• [TASK PROMPT] Copy out the data line by line exactly, from its start to the line bearing "mod Removal", inclusive.

• [GIVEN DATA]
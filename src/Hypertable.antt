-- ===== src/Hypertable.antt =====
-- The hash table of reducer views: runtime/local-hypertable.h and the queries of
-- runtime/local-hypertable.cpp. Keys are addresses, indices and hashes are 32-bit words.
mod Circle
mod Order
mod Pending
mod Count
mod Shift
mod Skip
mod Probe
mod Found
mod Place
mod Fresh
mod Rebuild
mod Store
mod Valid
mod Insert
mod Lookup
mod Remove
mod Delete
mod Removal
mod Merge
mod Combine
pub mod Update
mod Tests
mod Examples
use cheetah.Base.{
  ℕ, zero, suc, ◌+◌, ◌-◌, ◌*◌, ◌/◌, ◌%◌, ◌^◌, Bool, true, false, not, ◌&&◌, ◌||◌, Option, none,
  some, ltb, leb, ◌==◌, if◌then◌else◌, bit_and, bit_xor, update,
}
use cheetah.Base.Int.{ℤ, pos, ltb_ℤ}

abbrev pub u32_mod : ℕ
u32_mod = 2 ^ 32

abbrev pub key_empty : ℕ
key_empty = 0

-- `~0UL`
abbrev pub key_deleted : ℕ
key_deleted = 2 ^ 64 - 1

-- `data` stands for the view, with what it holds, and the functions that go with it.
pub record Bucket {ℓ} (D : Type ℓ) : Type ℓ where
  pub key : ℕ
  pub hash : ℕ
  pub data_of : D

-- The array of a table is a block of `capacity` buckets.
pub record Table {ℓ} (D : Type ℓ) : Type ℓ where
  pub capacity : ℕ
  pub occupancy : ℕ
  pub ins_rm_count : ℤ
  pub buckets : ℕ → Bucket D

-- What the table takes from the reducers: the data of a bucket that was never filled, and the
-- user's reduction, which leaves the combination of its two arguments in the left one.
pub record Views {ℓ} (D : Type ℓ) : Type ℓ where
  pub null : D
  pub reduce : D → D → D

abbrev pub is_empty : ℕ → Bool
is_empty key = key == key_empty

abbrev pub is_tombstone : ℕ → Bool
is_tombstone key = key == key_deleted

abbrev pub is_valid : ℕ → Bool
is_valid key = not (is_empty key) && not (is_tombstone key)

abbrev pub min_capacity : ℕ
min_capacity = 4

abbrev pub min_ht_capacity : ℕ
min_ht_capacity = 8

-- `x & low_mask` and `x >> half_bits` on a 64-bit word
unfoldable pub hash : ℕ → ℕ
hash key_in =
    let x = bit_xor key_in 0x96b9af4f6a40de92 in
    let v = (x % u32_mod) * (x / u32_mod) % 2 ^ 64 in bit_xor (v % u32_mod) (v / u32_mod)

unfoldable pub get_table_entry : ℕ → ℕ → ℕ
get_table_entry capacity key = bit_and (hash key) (capacity - 1)

unfoldable pub inc_index : ℕ → ℕ → ℕ
inc_index i capacity = let j = (i + 1) % u32_mod in if j == capacity then 0 else j

-- Unsigned differences wrap.
unfoldable pub continue_probe : ℕ → ℕ → ℕ → Bool
continue_probe tgt hash idx =
    leb ((idx + u32_mod - tgt) % u32_mod) ((idx + u32_mod - hash) % u32_mod)

abbrev pub load_factor_constant : ℕ
load_factor_constant = 16

abbrev pub max_capacity : ℕ
max_capacity = 0x7fffffff / (load_factor_constant - 1)

-- A product of type `int32_t` is taken modulo 2 ^ 32, as the processor does where it overflows; from
-- 2 ^ 31 on it stands for a negative number, and so does a sixteenth of it, while no occupancy is
-- negative.
unfoldable pub is_overloaded : ℕ → ℕ → Bool
is_overloaded occupancy capacity =
    let x = (load_factor_constant - 1) * capacity % u32_mod in
    leb (2 ^ 31) x || ltb (x / load_factor_constant) occupancy

unfoldable pub is_underloaded : ℕ → ℕ → Bool
is_underloaded occupancy capacity =
    let x = (load_factor_constant / 2 - 1) * capacity % u32_mod in
    ltb min_capacity capacity && ltb x (2 ^ 31) && leb occupancy (x / load_factor_constant)

abbrev pub min_rebuild_op_count : ℕ
min_rebuild_op_count = 8

unfoldable pub time_to_rebuild : ℤ → ℕ → Bool
time_to_rebuild ins_rm_count capacity =
    ltb_ℤ (pos min_rebuild_op_count) ins_rm_count
    && ltb_ℤ (pos (capacity / (4 * load_factor_constant))) ins_rm_count

module _ {ℓ} {D : Type ℓ} where
  -- The loop of `bucket_array_create`: `n` rounds from index `i`.
  unfoldable pub plant_tombstones : ℕ → ℕ → ℕ → (ℕ → Bucket D) → ℕ → Bucket D
  plant_tombstones zero i tombstone_idx buckets = buckets
  plant_tombstones (suc n) i tombstone_idx buckets =
      let due = tombstone_idx == 2 * load_factor_constant in
      plant_tombstones n (i + 1)
        (if due then tombstone_idx - 2 * load_factor_constant else tombstone_idx + 1)
        (if due then update buckets i (record (buckets i) { key = key_deleted }) else buckets)

  -- `new bucket[array_size]` holds empty buckets.
  unfoldable pub bucket_array_create : Views D → ℕ → ℕ → Bucket D
  bucket_array_create u array_size =
      let buckets : ℕ → Bucket D = λ _. record { key = key_empty; hash = 0; data_of = u.null } in
      if ltb array_size min_ht_capacity then buckets else plant_tombstones array_size 0 0 buckets

  unfoldable pub new_table : Views D → ℕ → Table D
  new_table u capacity = record {
    capacity = capacity;
    occupancy = 0;
    ins_rm_count = pos 0;
    buckets = bucket_array_create u capacity;
  }

  unfoldable pub local_hyper_table_alloc : Views D → Table D
  local_hyper_table_alloc u = new_table u min_capacity

  -- The index of the bucket that a pointer names; `n` buckets are left to scan.
  unfoldable pub find_hyperobject_linear : (ℕ → Bucket D) → ℕ → ℕ → Option ℕ
  find_hyperobject_linear buckets key zero = none
  find_hyperobject_linear buckets key (suc n) =
      if (buckets n).key == key then some n else find_hyperobject_linear buckets key n

  -- The `do … while (i != tgt)` loop from index `i`, with fuel for the rounds.
  unfoldable pub find_loop : (ℕ → Bucket D) → ℕ → ℕ → ℕ → ℕ → ℕ → Option ℕ
  find_loop buckets capacity key tgt zero i = none
  find_loop buckets capacity key tgt (suc fuel) i =
      let next = inc_index i capacity in
      let rest = find_loop buckets capacity key tgt fuel next in
      let again = if next == tgt then none else rest in
      if key == (buckets i).key
      then some i
      else if is_empty (buckets i).key
      then none
      else if is_tombstone (buckets i).key
      then again
      else if continue_probe tgt (buckets i).hash i
      then again
      else none

  unfoldable pub find_hyperobject_hash : Table D → ℕ → Option ℕ
  find_hyperobject_hash t key =
      let tgt = get_table_entry t.capacity key in
      find_loop t.buckets t.capacity key tgt t.capacity tgt

  unfoldable pub find_hyperobject : Table D → ℕ → Option ℕ
  find_hyperobject t key =
      if ltb t.capacity min_ht_capacity
      then find_hyperobject_linear t.buckets key t.occupancy
      else find_hyperobject_hash t key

• [PROBLEM SOLUTION]
filename src/Hypertable.antt
-- ===== src/Hypertable.antt =====
-- The hash table of reducer views: runtime/local-hypertable.h and the queries of
-- runtime/local-hypertable.cpp. Keys are addresses, indices and hashes are 32-bit words.
mod Circle
mod Order
mod Pending
mod Count
mod Shift
mod Skip
mod Probe
mod Found
mod Place
mod Fresh
mod Rebuild
mod Store
mod Valid
mod Insert
mod Lookup
mod Remove
mod Delete
mod Removal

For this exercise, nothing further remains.